-- DATA SHOWN --
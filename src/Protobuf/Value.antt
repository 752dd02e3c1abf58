-- ===== src/Protobuf/Value.antt =====
-- include/cloudevents/format/protobuf_format.hpp: a `CloudEventAttributeValue`, read and written.
use cloudevents_sdk_cpp.Base.{
  ℕ, ◌+◌, ◌-◌, ◌*◌, ◌/◌, ◌%◌, ◌^◌, Bool, true, false, not, ◌||◌, ◌&&◌, Option, none, some, [],
  Bytes, ltb, ◌==◌, if◌then◌else◌,
}
use cloudevents_sdk_cpp.Base.Words.{add64, sub64, mul64, neg64, biased, less64}
use cloudevents_sdk_cpp.Errors.{Errc, Result, ok, fail, ◌>>=◌}
use cloudevents_sdk_cpp.Wire.{
  WireType, varint, length_delimited, read_text, put_varint_field, put_field,
}
use cloudevents_sdk_cpp.Protobuf.{Field, for_each_field}
use cloudevents_sdk_cpp.Timestamp.{Timestamp, utc_designator, representable, nanoseconds_per_second}
use cloudevents_sdk_cpp.Event.{
  Int32, pos, negsuc, AttributeValue, boolean, int32, string, binary, uri, uri_ref, instant,
}

abbrev pub is_varint : WireType → Bool
is_varint varint = true
is_varint _ = false

abbrev pub is_length_delimited : WireType → Bool
is_length_delimited length_delimited = true
is_length_delimited _ = false

-- the numbers of `value_arm`, `timestamp_field`
abbrev pub boolean_arm : ℕ
boolean_arm = 1

abbrev pub integer_arm : ℕ
integer_arm = 2

abbrev pub string_arm : ℕ
string_arm = 3

abbrev pub bytes_arm : ℕ
bytes_arm = 4

abbrev pub uri_arm : ℕ
uri_arm = 5

abbrev pub uri_ref_arm : ℕ
uri_ref_arm = 6

abbrev pub timestamp_arm : ℕ
timestamp_arm = 7

abbrev pub seconds_field : ℕ
seconds_field = 1

abbrev pub nanos_field : ℕ
nanos_field = 2

-- the fewest of 0, 3, 6 and 9 digits
unfoldable pub digits_holding : ℕ → ℕ
digits_holding fraction =
    if fraction == 0
    then 0
    else if fraction % 10 ^ 6 == 0
    then 3
    else if fraction % 10 ^ 3 == 0
    then 6
    else 9

-- on signed 64-bit counts
unfoldable pub make_instant : ℕ → ℕ → Result Timestamp
make_instant seconds nanos =
    if less64 nanos 0 || not (less64 nanos nanoseconds_per_second)
    then fail Errc.invalid_timestamp "Timestamp.nanos is outside 0 to 999999999" []
    else if less64 representable seconds || less64 seconds (neg64 representable)
    then fail Errc.invalid_timestamp
        "the instant is outside the range of the timestamp type (years 1678 to 2262)" []
    else ok (record {
      utc = add64 (mul64 seconds nanoseconds_per_second) nanos;
      offset = 0;
      form = utc_designator;
      fractional_digits = digits_holding nanos;
    })

-- the lambda of `read_timestamp`, on the seconds and the nanoseconds read so far
abbrev pub timestamp_visit : Field → ℕ × ℕ → Result (ℕ × ℕ)
timestamp_visit current (seconds, nanos) =
    if is_varint current.kind && current.number == seconds_field
    then ok (current.varint, nanos)
    else if is_varint current.kind && current.number == nanos_field
    then ok (seconds, current.varint)
    else ok (seconds, nanos)

unfoldable pub read_timestamp : Bytes → Result Timestamp
read_timestamp body = do
  read ← for_each_field timestamp_visit (0, 0) body
  make_instant read.0 read.1

-- `static_cast<std::int32_t>` of a value in its range, from 64 bits
abbrev pub to_int32 : ℕ → Int32
to_int32 raw = if ltb raw (2 ^ 63) then pos raw else negsuc (2 ^ 64 - 1 - raw)

unfoldable pub read_integer : ℕ → Result AttributeValue
read_integer raw =
    if less64 raw (neg64 (2 ^ 31)) || less64 (2 ^ 31 - 1) raw
    then fail Errc.out_of_range "ce_integer is outside the range of int32" []
    else ok (int32 (to_int32 raw))

-- `arm`
abbrev pub Arm : Type 0
Arm = Option AttributeValue

unfoldable pub read_varint_arm : Field → Result Arm
read_varint_arm current =
    if current.number == boolean_arm
    then ok (some (boolean (not (current.varint == 0))))
    else if not (current.number == integer_arm)
    then ok none
    else (do integer ← read_integer current.varint; ok (some integer))

abbrev pub text_arm : ℕ → Bytes → AttributeValue
text_arm number text =
    if number == uri_arm
    then uri text
    else if number == uri_ref_arm
    then uri_ref text
    else string text

unfoldable pub read_text_arm : Field → Result Arm
read_text_arm current = do text ← read_text current.body; ok (some (text_arm current.number text))

unfoldable pub read_length_arm : Field → Result Arm
read_length_arm current =
    if current.number == bytes_arm
    then ok (some (binary current.body))
    else if current.number == timestamp_arm
    then (do read ← read_timestamp current.body; ok (some (instant read)))
    else if current.number == string_arm
        || current.number == uri_arm
        || current.number == uri_ref_arm
    then read_text_arm current
    else ok none

abbrev pub replace_arm : Arm → Arm → Arm
replace_arm value none = value
replace_arm value (some read) = some read

-- the lambda of `read_value`
abbrev pub value_visit : Field → Arm → Result Arm
value_visit current value = do
  read ← if is_varint current.kind then read_varint_arm current else read_length_arm current
  ok (replace_arm value read)

unfoldable pub read_value : Bytes → Result Arm
read_value body = for_each_field value_visit none body

-- `static_cast<std::uint64_t>(static_cast<std::int64_t>(value))`
abbrev pub int_word : Int32 → ℕ
int_word (pos n) = n
int_word (negsuc n) = 2 ^ 64 - 1 - n

-- `floor<seconds>` of the signed count of nanoseconds, and what is left. The count is taken from
-- `first_second` seconds before the epoch, which is before every instant.
abbrev pub first_second : ℕ
first_second = 9223372037

abbrev pub from_first_second : ℕ → ℕ
from_first_second utc = biased utc + (first_second * nanoseconds_per_second - 2 ^ 63)

abbrev pub floor_seconds : ℕ → ℕ
floor_seconds utc = sub64 (from_first_second utc / nanoseconds_per_second) first_second

abbrev pub nanos_of : ℕ → ℕ
nanos_of utc = from_first_second utc % nanoseconds_per_second

abbrev pub put_unless_zero : Bytes → ℕ → ℕ → Bytes
put_unless_zero out number value = if value == 0 then out else put_varint_field out number value

unfoldable pub timestamp_body : Timestamp → Bytes
timestamp_body value =
    put_unless_zero (put_unless_zero [] seconds_field (floor_seconds value.utc)) nanos_field
      (nanos_of value.utc)

unfoldable pub put_arm : Bytes → AttributeValue → Bytes
put_arm out (boolean value) = put_varint_field out boolean_arm (if value then 1 else 0)
put_arm out (int32 value) = put_varint_field out integer_arm (int_word value)
put_arm out (string value) = put_field out string_arm value
put_arm out (binary value) = put_field out bytes_arm value
put_arm out (uri value) = put_field out uri_arm value
put_arm out (uri_ref value) = put_field out uri_ref_arm value
put_arm out (instant value) = put_field out timestamp_arm (timestamp_body value)

unfoldable pub encode_value : AttributeValue → Bytes
encode_value value = put_arm [] value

-- WHAT THE EXERCISE ASKS --
Using the entries above, output exactly the lines between the line holding "else if not" and the line holding "replace_arm value none = value", end lines included, and nothing more.

-- YOUR SOLUTION --
    else if not (current.number == integer_arm)
    then ok none
    else (do integer ← read_integer current.varint; ok (some integer))

abbrev pub text_arm : ℕ → Bytes → AttributeValue
text_arm number text =
    if number == uri_arm
    then uri text
    else if number == uri_ref_arm
    then uri_ref text
    else string text

unfoldable pub read_text_arm : Field → Result Arm
read_text_arm current = do text ← read_text current.body; ok (some (text_arm current.number text))

unfoldable pub read_length_arm : Field → Result Arm
read_length_arm current =
    if current.number == bytes_arm
    then ok (some (binary current.body))
    else if current.number == timestamp_arm
    then (do read ← read_timestamp current.body; ok (some (instant read)))
    else if current.number == string_arm
        || current.number == uri_arm
        || current.number == uri_ref_arm
    then read_text_arm current
    else ok none

abbrev pub replace_arm : Arm → Arm → Arm
replace_arm value none = value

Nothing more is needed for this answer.